EXERCISE BRIEF
Of the entries that follow, how many lines hold the string "antt"? Write the number and nothing more.

EXERCISE DATA
-- ===== src/E1000/Transmit.antt =====
-- What the card is left with when a frame is put on the transmit ring.
use qore_os.Base.{
  take, drop, replicate, get_or, ℕ, ◌+◌, ◌%◌, ◌^◌, ◌<◌, ◌≡◌, refl, ap, ◌∙◌, List, [], ◌∷◌, arith,
  length,
}
use qore_os.Ram.{
  Ram, store, load, from_le, le_bytes, Apart, load64, load-store_self, load-store-Apart,
  from_le-le_bytes, length-le_bytes,
}
use qore_os.Machine.{Hardware}
use qore_os.E1000.{Kernel, descriptor_addr, resize, transmit, arp_request, arp_request_frame}
use qore_os.E1000.Arp.{Mac, Ip}
use qore_os.Net.{be16, ip_at}
use qore_os.Net.Craft.{mac_at}

-- The three writes to the descriptor at `d`, and what is read back from it.
module _ (m : Ram) (d frame_ptr len : ℕ) where
  abbrev descriptor : Ram
  descriptor =
      store (store (store m d (le_bytes 8 frame_ptr)) (d + 8) (le_bytes 2 len)) (d + 11) (0x0B ∷ [])

  descriptor-Apart : (p n : ℕ) → Apart d 16 p n → load descriptor p n ≡ load m p n
  descriptor-Apart p n h =
      load-store-Apart _ (d + 11) (0x0B ∷ []) p n (omega arith)
      ∙ load-store-Apart _ (d + 8) (le_bytes 2 len) p n (omega (arith, length-le_bytes 2 len))
      ∙ load-store-Apart m d (le_bytes 8 frame_ptr) p n (omega (arith, length-le_bytes 8 frame_ptr))

  descriptor_address : frame_ptr < 2 ^ 64 → from_le (load descriptor d 8) ≡ frame_ptr
  unfolding le_bytes
  descriptor_address h =
      ap from_le (
        load-store-Apart _ (d + 11) (0x0B ∷ []) d 8 (omega arith)
        ∙ load-store-Apart _ (d + 8) (le_bytes 2 len) d 8 (omega arith)
        ∙ load-store_self m d (le_bytes 8 frame_ptr))
      ∙ from_le-le_bytes 8 frame_ptr (omega arith)

  descriptor_length : len < 2 ^ 16 → from_le (load descriptor (d + 8) 2) ≡ len
  unfolding le_bytes
  descriptor_length h =
      ap from_le (
        load-store-Apart _ (d + 11) (0x0B ∷ []) (d + 8) 2 (omega arith)
        ∙ load-store_self _ (d + 8) (le_bytes 2 len))
      ∙ from_le-le_bytes 2 len (omega arith)

  descriptor_cmd : load descriptor (d + 11) 1 ≡ 0x0B ∷ []
  descriptor_cmd = load-store_self _ (d + 11) (0x0B ∷ [])

-- The descriptor of the bucket that `k` was at describes `frame`, whose bytes stand in memory, with
-- the commands to end, checksum and report it; the tail register was last written with the next
-- bucket, at which `k'` is.
pub record Sent (hw : Hardware) (frame : List ℕ) (len : ℕ) (k k' : Kernel) : Type 0 where
  pub address : load64 k'.machine.ram (descriptor_addr k.nic) ≡ hw.place k.machine.blocks
  pub bytes : load k'.machine.ram (hw.place k.machine.blocks) (length frame) ≡ frame
  pub len_field : from_le (load k'.machine.ram (descriptor_addr k.nic + 8) 2) ≡ len
  pub cmd : load k'.machine.ram (descriptor_addr k.nic + 11) 1 ≡ 0x0B ∷ []
  pub next : k'.nic.current_tx_bucket ≡ (k.nic.current_tx_bucket + 1) % 8
  pub in_ring : k'.nic.current_tx_bucket < 8
  pub tail :
      k'.machine.writes
      ≡ (k.nic.bar0_address + 0x3818, (k.nic.current_tx_bucket + 1) % 8) ∷ k.machine.writes

-- The leaked block stands apart from the descriptor that is written, and addresses fit 64 bits.
pub record Placed (hw : Hardware) (frame : List ℕ) (k : Kernel) : Type 0 where
  pub apart : Apart (descriptor_addr k.nic) 16 (hw.place k.machine.blocks) (length frame)
  pub fits : hw.place k.machine.blocks < 2 ^ 64

-- A frame whose block stands apart from the descriptor, and whose length fits the length field, is
-- put on the ring as `Sent` says.
pub transmit-Sent :
    (hw : Hardware) (frame : List ℕ) (len : ℕ) (k : Kernel)
    → Placed hw frame k
    → len < 2 ^ 16
    → Sent hw frame len k (transmit hw frame len k)
unfolding transmit
transmit-Sent hw frame len k p h =
    let d = descriptor_addr k.nic in
    let place = hw.place k.machine.blocks in
    let m = store k.machine.ram place frame in
    record {
      address = descriptor_address m d place len p.fits;
      bytes =
          descriptor-Apart m d place len place (length frame) p.apart
          ∙ load-store_self k.machine.ram place frame;
      len_field = descriptor_length m d place len h;
      cmd = descriptor_cmd m d place len;
      next = refl;
      in_ring = omega arith;
      tail = refl;
    }

-- The frame is an ARP request of 60 bytes to all, for Ethernet and IPv4, in which `mac` at 10.0.2.15 asks
-- for the hardware address of `ip`; zeros fill it up.
pub record IsArpRequest (frame : List ℕ) (mac : Mac) (ip : Ip) : Type 0 where
  pub size : length frame ≡ 60
  pub dest : take 6 frame ≡ 0xFF ∷ 0xFF ∷ 0xFF ∷ 0xFF ∷ 0xFF ∷ 0xFF ∷ []
  pub source : mac_at frame 6 ≡ mac
  pub ethertype : be16 frame 12 ≡ 0x0806
  pub hardware : be16 frame 14 ≡ 1
  pub protocol : be16 frame 16 ≡ 0x0800
  pub sizes : (get_or frame 18 0 ≡ 6) × (get_or frame 19 0 ≡ 4)
  pub opcode : be16 frame 20 ≡ 1
  pub sender_mac : mac_at frame 22 ≡ mac
  pub sender_ip : ip_at frame 28 ≡ record { a = 10; b = 0; c = 2; d = 15 }
  pub target_mac : take 6 (drop 32 frame) ≡ replicate 6 0
  pub target_ip : ip_at frame 38 ≡ ip
  pub padding : drop 42 frame ≡ replicate 18 0

arp_request_frame-IsArpRequest :
    (mac : Mac) (ip : Ip) → IsArpRequest (arp_request_frame mac ip) mac ip
unfolding arp_request_frame resize
arp_request_frame-IsArpRequest mac ip = record {
  size = refl;
  dest = refl;
  source = refl;
  ethertype = refl;
  hardware = refl;
  protocol = refl;
  sizes = (refl, refl);
  opcode = refl;
  sender_mac = refl;
  sender_ip = refl;
  target_mac = refl;
  target_ip = refl;
  padding = refl;
}

-- With a place for the frame apart from its descriptor, `arp_request` puts one frame of 60 bytes on the
-- transmit ring: an ARP request to all that asks, from the card's hardware address and 10.0.2.15, for the
-- hardware address of `target_ip`, padded with 18 zeros.
pub arp_request-Sent :
    (hw : Hardware) (target_ip : Ip) (k : Kernel)
    → Placed hw (arp_request_frame k.nic.mac_address target_ip) k
    → Sent hw (arp_request_frame k.nic.mac_address target_ip) 60 k (arp_request hw target_ip k)
      × IsArpRequest (arp_request_frame k.nic.mac_address target_ip) k.nic.mac_address target_ip
unfolding arp_request
arp_request-Sent hw target_ip k p =
    let sent =
      transmit-Sent hw (arp_request_frame k.nic.mac_address target_ip) 60 k p (omega arith) in
    (
      record {
        address = sent.address;
        bytes = sent.bytes;
        len_field = sent.len_field;
        cmd = sent.cmd;
        next = sent.next;
        in_ring = sent.in_ring;
        tail = sent.tail;
      },
      arp_request_frame-IsArpRequest k.nic.mac_address target_ip,
    )
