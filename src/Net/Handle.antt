-- ===== src/Net/Handle.antt =====
-- What `handle_incoming_packet` does with a packet: which it answers, and how.
use qore_os.Base.{
  ℕ, ◌+◌, ◌-◌, ◌*◌, ◌/◌, ◌%◌, ◌^◌, ◌≡◌, refl, Bool, true, false, not, ◌&&◌, ◌==◌, ltb, leb,
  if◌then◌else◌, List, ◌++◌, arith, length, get_or, take, drop, bit_and, bit_and_low, bit_and-pow,
  test_bit, test_bit-bit_and, one-le-pow,
}
use qore_os.Text.{codes, decimal}
use qore_os.Machine.{Hardware}
use qore_os.E1000.{Kernel, my_ip, terminal_print}
use qore_os.E1000.Arp.{ip_eq}
use qore_os.Net.{
  be16, be32, ip_at, send_tcp_syn_ack, send_http_response, target_mac_of, starts_with_get,
  handle_data, handle_tcp, handle_incoming_packet,
}

-- The fields of a packet, by arithmetic: the header lengths in bytes, where the TCP header starts,
-- and how much data the IPv4 length leaves.
abbrev pub ihl_of : List ℕ → ℕ
ihl_of p = get_or p 14 0 % 16 * 4

abbrev pub tcp_at : List ℕ → ℕ
tcp_at p = 14 + ihl_of p

abbrev pub tcp_header_len : List ℕ → ℕ
tcp_header_len p = be16 p (tcp_at p + 12) / 4096 % 16 * 4

abbrev pub data_len_of : List ℕ → ℕ
data_len_of p = be16 p 16 - ihl_of p - tcp_header_len p

-- The packet is a whole TCP segment to 10.0.2.15, port 80.
abbrev pub is_for_server : List ℕ → Bool
is_for_server p =
    leb 34 (length p)
    && (be16 p 12 == 0x0800
        && (ip_eq (ip_at p 30) my_ip
            && (get_or p 23 0 == 6
                && (leb (tcp_at p + 20) (length p) && be16 p (tcp_at p + 2) == 80))))

abbrev pub has_syn : List ℕ → Bool
has_syn p = test_bit 1 (be16 p (tcp_at p + 12))

abbrev pub has_psh : List ℕ → Bool
has_psh p = test_bit 3 (be16 p (tcp_at p + 12))

-- The segment holds data that starts with "GET", inside the packet.
abbrev pub has_get : List ℕ → Bool
has_get p =
    leb (ihl_of p + tcp_header_len p) (be16 p 16)
    && (ltb 0 (data_len_of p)
        && (leb (tcp_at p + tcp_header_len p + data_len_of p) (length p)
            && starts_with_get (take (data_len_of p) (drop (tcp_at p + tcp_header_len p) p))))

-- `flags & bit`, of the nine low bits of the word.
flag_test :
    (w k : ℕ)
    → test_bit k 0x1FF ≡ true
    → (bit_and (bit_and w 0x1FF) (2 ^ k) == 0) ≡ not (test_bit k w)
flag_test w k h =
    rw (bit_and-pow k (bit_and w 0x1FF), test_bit-bit_and k w 0x1FF, h)
      (ground (arith, one-le-pow k 2))

-- Nested tests with one way through are one conjunction.
data_guards {ℓ} :
    {A : Type ℓ} (a b c d : Bool) (x y : A)
    → (if a then (if b && c then (if d then x else y) else y) else y)
      ≡ (if a && (b && (c && d)) then x else y)
data_guards true true true d x y = refl
data_guards true true false d x y = refl
data_guards true false c d x y = refl
data_guards false b c d x y = refl

packet_guards {ℓ} :
    {A : Type ℓ} (short ipv4 cut ours tcp brief port : Bool) (x y : A)
    → (cut ≡ false → short ≡ false)
    → (if short
        then y
        else if not ipv4
        then y
        else if cut
        then y
        else if not ours
        then y
        else if not tcp
        then y
        else if brief
        then y
        else if port
        then x
        else y)
      ≡ (if not cut && (ipv4 && (ours && (tcp && (not brief && port)))) then x else y)
packet_guards short ipv4 true ours tcp brief port x y h = ground arith
packet_guards short ipv4 false ours tcp brief port x y h = ground arith

not-not : (b : Bool) → not (not b) ≡ b
not-not true = refl
not-not false = refl

-- A test and its converse.
leb-ltb : (a b : ℕ) → leb a b ≡ not (ltb b a)
leb-ltb a b = ground arith

abbrev pub syn_log : List ℕ → List ℕ
syn_log p =
    codes "> NET: TCP [SYN] RCV'D. PORT "
    ++ (decimal (be16 p (tcp_at p))
        ++ (codes " -> " ++ (decimal (be16 p (tcp_at p + 2)) ++ codes "\n")))

unfoldable pub syn_reply : Hardware → List ℕ → Kernel → Kernel
syn_reply hw p k =
    let k1 = terminal_print (syn_log p) 0xF59E0B k in
    send_tcp_syn_ack hw (target_mac_of k1 (ip_at p 26)) (ip_at p 26) (be16 p (tcp_at p))
      (be32 p (tcp_at p + 4)) k1

unfoldable pub get_reply : Hardware → List ℕ → Kernel → Kernel
get_reply hw p k =
    let k1 = terminal_print (codes "> NET: HTTP [GET] REQUEST INTERCEPTED!\n") 0x10B981 k in
    send_http_response hw (target_mac_of k1 (ip_at p 26)) (ip_at p 26) (be16 p (tcp_at p))
      (be32 p (tcp_at p + 8)) (be32 p (tcp_at p + 4)) (data_len_of p) k1

handle_data_lem :
    (hw : Hardware) (p : List ℕ) (k : Kernel)
    → handle_data hw p (ihl_of p) (tcp_header_len p) k ≡ (if has_get p then get_reply hw p k else k)
unfolding handle_data get_reply
handle_data_lem hw p k =
    data_guards (leb (ihl_of p + tcp_header_len p) (be16 p 16)) (ltb 0 (data_len_of p))
      (leb (tcp_at p + tcp_header_len p + data_len_of p) (length p))
      (starts_with_get (take (data_len_of p) (drop (tcp_at p + tcp_header_len p) p)))
      (get_reply hw p k) k

handle_tcp_lem :
    (hw : Hardware) (p : List ℕ) (k : Kernel)
    → handle_tcp hw p (ihl_of p) k ≡ (
        if be16 p (tcp_at p + 2) == 80
        then (if has_syn p
            then syn_reply hw p k
            else if has_psh p
            then handle_data hw p (ihl_of p) (tcp_header_len p) k
            else k)
        else k)
unfolding handle_tcp syn_reply
handle_tcp_lem hw p k =
    rw
      (
        flag_test (be16 p (tcp_at p + 12)) 1 (unfold test_bit in refl),
        flag_test (be16 p (tcp_at p + 12)) 3 (unfold test_bit in refl),
        bit_and_low 4 (be16 p (tcp_at p + 12) / 2 ^ 12),
        not-not (has_syn p),
        not-not (has_psh p),
      )
      refl

-- What the packet makes the kernel do.
pub handle_lem :
    (hw : Hardware) (p : List ℕ) (k : Kernel)
    → handle_incoming_packet hw p k ≡ (
        if is_for_server p
        then (if has_syn p
            then syn_reply hw p k
            else if has_psh p
            then (if has_get p then get_reply hw p k else k)
            else k)
        else k)
unfolding handle_incoming_packet
handle_lem hw p k =
    rw
      (
        bit_and_low 4 (get_or p 14 0),
        handle_tcp_lem hw p k,
        handle_data_lem hw p k,
        leb-ltb 34 (length p),
        leb-ltb (tcp_at p + 20) (length p),
      )
      (packet_guards (ltb (length p) 14) (be16 p 12 == 0x0800) (ltb (length p) 34)
        (ip_eq (ip_at p 30) my_ip) (get_or p 23 0 == 6) (ltb (length p) (tcp_at p + 20))
        (be16 p (tcp_at p + 2) == 80) _ k (λ h. ground arith))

ANSWER SPACE
3